Legal Reasoning in the Global Financial Markets

Who are the agents of financial regulation? Is good (or bad) financial governance merely the work of legislators and regulators? Here Annelise Riles argues that financial governance is made not just through top-down laws and policies but also through the daily use of mundane legal techniques such as collateral by a variety of secondary agents, from legal technicians and retail investors to financiers and academics and even computerized trading programs.    

            
Drawing upon her ten years of ethnographic fieldwork in the Japanese derivatives market, Riles explores the uses of collateral in the financial markets as a regulatory device for stabilizing market transactions. How collateral operates, Riles suggests, is paradigmatic of a class of low-profile, mundane, but indispensable activities and practices that are all too often ignored as we think about how markets should work and be governed.  Riles seeks to democratize our understanding of legal techniques, and demonstrate how these day-to-day private actions can be reformed to produce more effective forms of market regulation.

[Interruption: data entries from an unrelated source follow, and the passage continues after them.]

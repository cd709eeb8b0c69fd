-- ===== src/Syncer/Loop.antt =====
-- syncer/syncer.go: Run, Stop, ApplyState, Pause, Resume and TriggerSync, as steps of goroutines over
-- the Syncer. Every part under the mutex and every channel operation is one step; between two of them
-- the others may step. What a round does is in Syncer/Round; times, hooks, logs and `startedCh`
-- are left out.
pub mod Steps
pub mod Single
pub mod Wakeup
pub mod Shutdown
pub mod AfterStop
use cloudhost_firewall_autou.Common.{
  ℕ, suc, ◌+◌, ◌-◌, ◌<◌, ◌≡◌, Bool, true, false, not, ◌&&◌, ◌||◌, Option, none, some, if◌then◌else◌,
  ◌==◌, nat_eq,
}

-- What the loop reads of a RuntimeState; `version` tells pointers apart.
pub record Published : Type 0 where
  pub sync_enabled : Bool
  pub interval : ℕ
  pub version : ℕ

-- A channel of capacity 1 is whether it holds a message. `done_closed` counts how often `doneCh` is
-- closed, `rounds` how many rounds beginRound has begun.
pub record SyncerState : Type 0 where
  pub runtime : Option Published
  pub enabled : Bool
  pub pending_resume : Bool
  pub applied : Option ℕ
  pub stopped : Bool
  pub run_guard : Bool
  pub running : Bool
  pub control : Bool
  pub trigger : Bool
  pub stop_closed : Bool
  pub done_closed : ℕ
  pub round_running : Bool
  pub rounds : ℕ

abbrev pub is_on : Option Published → Bool
is_on none = false
is_on (some st) = st.sync_enabled

abbrev pub version_of : Option Published → Option ℕ
version_of none = none
version_of (some st) = some st.version

abbrev pub new_syncer : Option Published → SyncerState
new_syncer st = record {
  runtime = st;
  enabled = is_on st;
  pending_resume = false;
  applied = version_of st;
  stopped = false;
  run_guard = false;
  running = false;
  control = false;
  trigger = false;
  stop_closed = false;
  done_closed = 0;
  round_running = false;
  rounds = 0;
}

-- Whether a state was published that is paused.
abbrev pub is_paused : Option Published → Bool
is_paused none = false
is_paused (some st) = not st.sync_enabled

unfoldable pub apply_state_locked : Published → SyncerState → SyncerState
apply_state_locked next s = record s {
  pending_resume = if is_paused s.runtime && next.sync_enabled then true else s.pending_resume;
  runtime = some next;
  enabled = next.sync_enabled;
}

abbrev pub switch_to : Bool → ℕ → Option Published → SyncerState → Bool × SyncerState
switch_to on fresh none s = (false, s)
switch_to on fresh (some st) s =
    if (st.sync_enabled && on) || (not st.sync_enabled && not on)
    then (false, s)
    else (true, apply_state_locked (record st { sync_enabled = on; version = fresh }) s)

-- The part of setSyncEnabled under the lock: whether a new state, a pointer `fresh`, was published.
unfoldable pub set_sync_enabled : Bool → ℕ → SyncerState → Bool × SyncerState
set_sync_enabled on fresh s = switch_to on fresh s.runtime s

abbrev enabled_in : Bool → Option Published → Bool
enabled_in mirror none = mirror
enabled_in mirror (some st) = st.sync_enabled

unfoldable pub is_enabled : SyncerState → Bool
is_enabled s = enabled_in s.enabled s.runtime

-- Where a call of Run stands. `_gate` is before the check of the stop flag, `_passed` behind it and
-- before the lock under which the round begins; a call that is leaving has yet to close `doneCh`.
pub data Source : Type 0 where
  ticker triggered : Source

pub data Run : Type 0 where
  outside : Run
  turned_away : Run
  entered : Run
  marked : Run
  await_state : Run
  boot : Run
  mirroring : Published → Run
  boot_gate : ℕ → Run
  boot_passed : ℕ → Run
  boot_round : ℕ → Run
  selecting : Bool → ℕ → Run
  check_pending : Source → ℕ → Run
  check_enabled : Source → ℕ → Run
  check_gate : Source → ℕ → Run
  check_passed : ℕ → Run
  in_round : ℕ → Run
  consuming : Bool → ℕ → Bool → Run
  resume_drain : Published → Run
  resume_gate : Published → Run
  resume_passed : Published → Run
  resume_round : Published → Run
  applying : Published → ℕ → Run
  quitting : Run
  leaving : Run
  exited : Run

abbrev pub after_mirror : Published → Run
after_mirror st = if st.sync_enabled then boot_gate st.interval else selecting false st.interval

-- A check that drops a tick goes on to read the state; one that drops a trigger selects again.
abbrev pub dropped : Source → ℕ → Run
dropped ticker interval = consuming true interval false
dropped triggered interval = selecting true interval

-- The interval of the ticker after the case of an enabled state that stays enabled.
abbrev pub next_interval : Bool → Published → ℕ → ℕ
next_interval completed st interval =
    if completed || not (st.interval == interval) then st.interval else interval

-- The switch of Run on the state that it has consumed.
unfoldable pub decide : Option Published → Bool → Bool → ℕ → Bool → Run
decide none pending was interval completed = selecting was interval
decide (some st) pending was interval completed =
    if st.sync_enabled && (not was || pending)
    then resume_drain st
    else if was && st.sync_enabled
    then applying st (next_interval completed st interval)
    else applying st interval

-- Where Stop stands; `flagged` and `closing` hold whether Run was never started.
pub data Stopper : Type 0 where
  idle : Stopper
  flagged : Bool → Stopper
  closing : Bool → Stopper
  finished : Bool → Stopper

312 pages | 8 line drawings, 1 table | 6 x 9 | © 2011

Chicago Series in Law and Society

Anthropology: Cultural and Social Anthropology

Economics and Business: Economics--Money and Banking

Law and Legal Studies: Law and Society

Reviews

“A brilliant exploration of the legal infrastructure that underlies global financial markets. Combining legal expertise and sociological insight, Professor Riles offers a lucid and illuminating investigation of the role that legal elites in Japan and other developed economies played in reforming legal doctrines to facilitate trillions of dollars of trading in OTC derivatives. While these reforms are often characterized as freeing private markets to shoulder financial risks, Collateral Knowledge persuasively argues—and the global financial crisis confirms—that the legal infrastructure for derivative transactions could not protect private investors from their own folly nor insulate the general public from the consequences of private miscalculation.”

Howell E. Jackson, Harvard Law School

Collateral Knowledge is a complex, clever, stimulating, and ambitious text on an important topic. Annelise Riles upends current debates about regulation and deregulation, private versus public interest, and financial globalization by calling our attention to the unobtrusive yet pervasive technical devices that private actors use to do their business. Innovative and interesting, the book makes a key scholarly contribution while engaging a wide audience concerned with global markets. Collateral Knowledge is a real blockbuster.”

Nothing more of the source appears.